Приятель со смехом замечает:

— Ну, ну, успокойся, я ведь ничего не имею ни против тебя, ни против соловья. Тем более что соловьиное пение я имел удовольствие слушать, а твою музыку — пока еще нет.

Джоаккино улыбается:

— Ты прав, но я говорю

это для того, чтобы заранее оградить себя от твоих обвинений в легкости, когда ты услышишь ее. В любом случае, имей в виду, что я твердо решил не падать духом, если публика не станет аплодировать моей опере. Я пришел к выводу, что она прекрасна, и не будем больше говорить об этом. А разве не осмеливались критиковать даже «Свадьбу Фигаро» Моцарта? Моцарта! Величайшего из всех маэстро! Нет, не думай, будто я сравниваю себя с ним. Я только хочу показать, что публика может ошибаться, и еще раз повторить: я преклоняюсь перед этим великим композитором. Из-за преклонения перед Гайдном и Моцартом добрый падре Маттеи даже называл меня «маленьким немцем». Это меня-то, черт побери, такого же истинного итальянца, как тальятелле, и окажись здесь сейчас вот такая тарелка этих тальятелле [12] , я бы сразу показал тебе, как я истосковался по Болонье, по всей Эмилии и Романье [13] .

12

Итальянское национальное блюдо — яичная лапша под соусом.

13

Провинции Центральной Италии.

— А что, здесь не готовят их? — тревожится Дженнари, задетый за живое.

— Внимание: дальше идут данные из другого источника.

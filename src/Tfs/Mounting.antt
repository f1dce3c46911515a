-- ===== src/Tfs/Mounting.antt =====
-- fs/tfs_state.cpp: FileSystemState::Setup and Destroy, which keep the highest number in the file
-- root.dat. The paths that Setup resolves and the options that it passes to LevelDB are left out:
-- whether LevelDB opens is an argument. The test of the directories compares the result of access
-- with > 0, which never holds, and so has no effect.
use tablefs.Base.{ℕ, ◌%◌, Bool, Option, none, some, List, [], ◌∷◌, ◌++◌, ◌>>=◌, if◌then◌else◌}
use tablefs.Base.Int.{ℤ, pos, negsuc}
use tablefs.Key.{u32}
use tablefs.Platform.{Platform}
use tablefs.Tfs.{FileSystemState}
use tablefs.Util.Text.{print_int, read_digits, skip_spaces, is_digit}
use tablefs.Util.Properties.{Properties, get_property_int}

-- root.dat: its bytes where it exists, and whether it can be opened for writing.
pub record RootFile : Type 0 where
  pub content : Option (List ℕ)
  pub writable : Bool

-- What `fscanf` reads: a number, no number, or the end of the file.
pub data Scan : Type 0 where
  scanned : ℕ → Scan
  mismatch : Scan
  at_end : Scan

abbrev pub scan_first : List ℕ → Scan
scan_first [] = at_end
scan_first (c ∷ s) = if is_digit c then scanned (read_digits 0 (c ∷ s)).0 else mismatch

-- `%u` of `fscanf`, for numbers without a sign that an `unsigned` holds
unfoldable pub scan_unsigned : List ℕ → Scan
scan_unsigned s = scan_first (skip_spaces s)

-- `"%u\n"` of `fprintf`, which prints the low half of a number of 64 bits
unfoldable pub unsigned_line : ℕ → List ℕ
unsigned_line n = print_int (pos (n % u32)) ++ 10 ∷ []

abbrev pub threshold_name : List ℕ
threshold_name = b't' ∷ b'h' ∷ b'r' ∷ b'e' ∷ b's' ∷ b'h' ∷ b'o' ∷ b'l' ∷ b'd' ∷ []

module _ (P : Platform) where
  open P use {disk_mkdir}

  -- The end of `Setup`, which drops the result of `mkdir`. `none` is the write to a file that could not be opened. A number is
  -- stored in the low half of the field, whose high half is 0.
  unfoldable pub load_number : RootFile → FileSystemState P → Option (RootFile × FileSystemState P)
  load_number root s = elim root.content [
    | none ↦
        if root.writable
        then some (
          record root { content = some (unsigned_line 0) },
          record s { max_inode_num = 0; disk = (disk_mkdir 0 s.disk).1 },
        )
        else none
    | some bytes ↦ elim (scan_unsigned bytes) [
      | scanned n ↦ some (root, record s { max_inode_num = n })
      | mismatch ↦ some (root, record s { max_inode_num = 0 })
      | at_end ↦ some (root, s)
    ]
  ]

  -- `FileSystemState::FileSystemState`, over a data directory
  unfoldable pub new_state : Platform.Disk P → FileSystemState P
  new_state disk = record { max_inode_num = 0; threshold_ = 0; disk = disk }

  -- `Setup(prop)`. A threshold below 0 has no model: it is none.
  unfoldable pub setup :
      Properties → Bool → RootFile → FileSystemState P → Option (ℤ × RootFile × FileSystemState P)
  setup prop opened root s = elim (get_property_int threshold_name (pos 4096) prop) [
    | negsuc n ↦ none
    | pos threshold ↦
        let t = record s { threshold_ = threshold } in
        if opened
        then (do (after, u) ← load_number root t; some (pos 0, after, u))
        else some (negsuc 0, root, t)
  ]

  -- `Destroy`
  unfoldable pub destroy : FileSystemState P → RootFile → RootFile
  destroy s root =
      if root.writable then record root { content = some (unsigned_line s.max_inode_num) } else root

— Нет. Тут подают рыбный бульон. Ешь его, и кажется, будто дышишь свежим морским воздухом. Готовят какие-то «сфолье ин саор», как они говорят, и мне непонятно, почему создателя этого блюда не выбрали дожем Венеции, и подают еще вяленую рыбу, отведав которую хочется, чтобы на неделе было по меньшей мере три пятницы — тогда можно было бы чаще пробовать ее, потому что это особенное постное блюдо… Ах ты, противный невежда, как же тебе не стыдно сводить разговор с высот искусства к прозе, пусть даже и любимейшей, но все же к прозе кухни?

— А что? Мне интересно!

— А мне, думаешь, нет? — подхватывает Джоаккино. — Но ты отвлек меня, а я рассказывал о занятиях в лицее и хочу продолжить эту тему, потому что сегодня у меня день воспоминаний. К тому же я просто обязан рассказать об этом, а то как же историки со временем смогут писать биографии знаменитых людей!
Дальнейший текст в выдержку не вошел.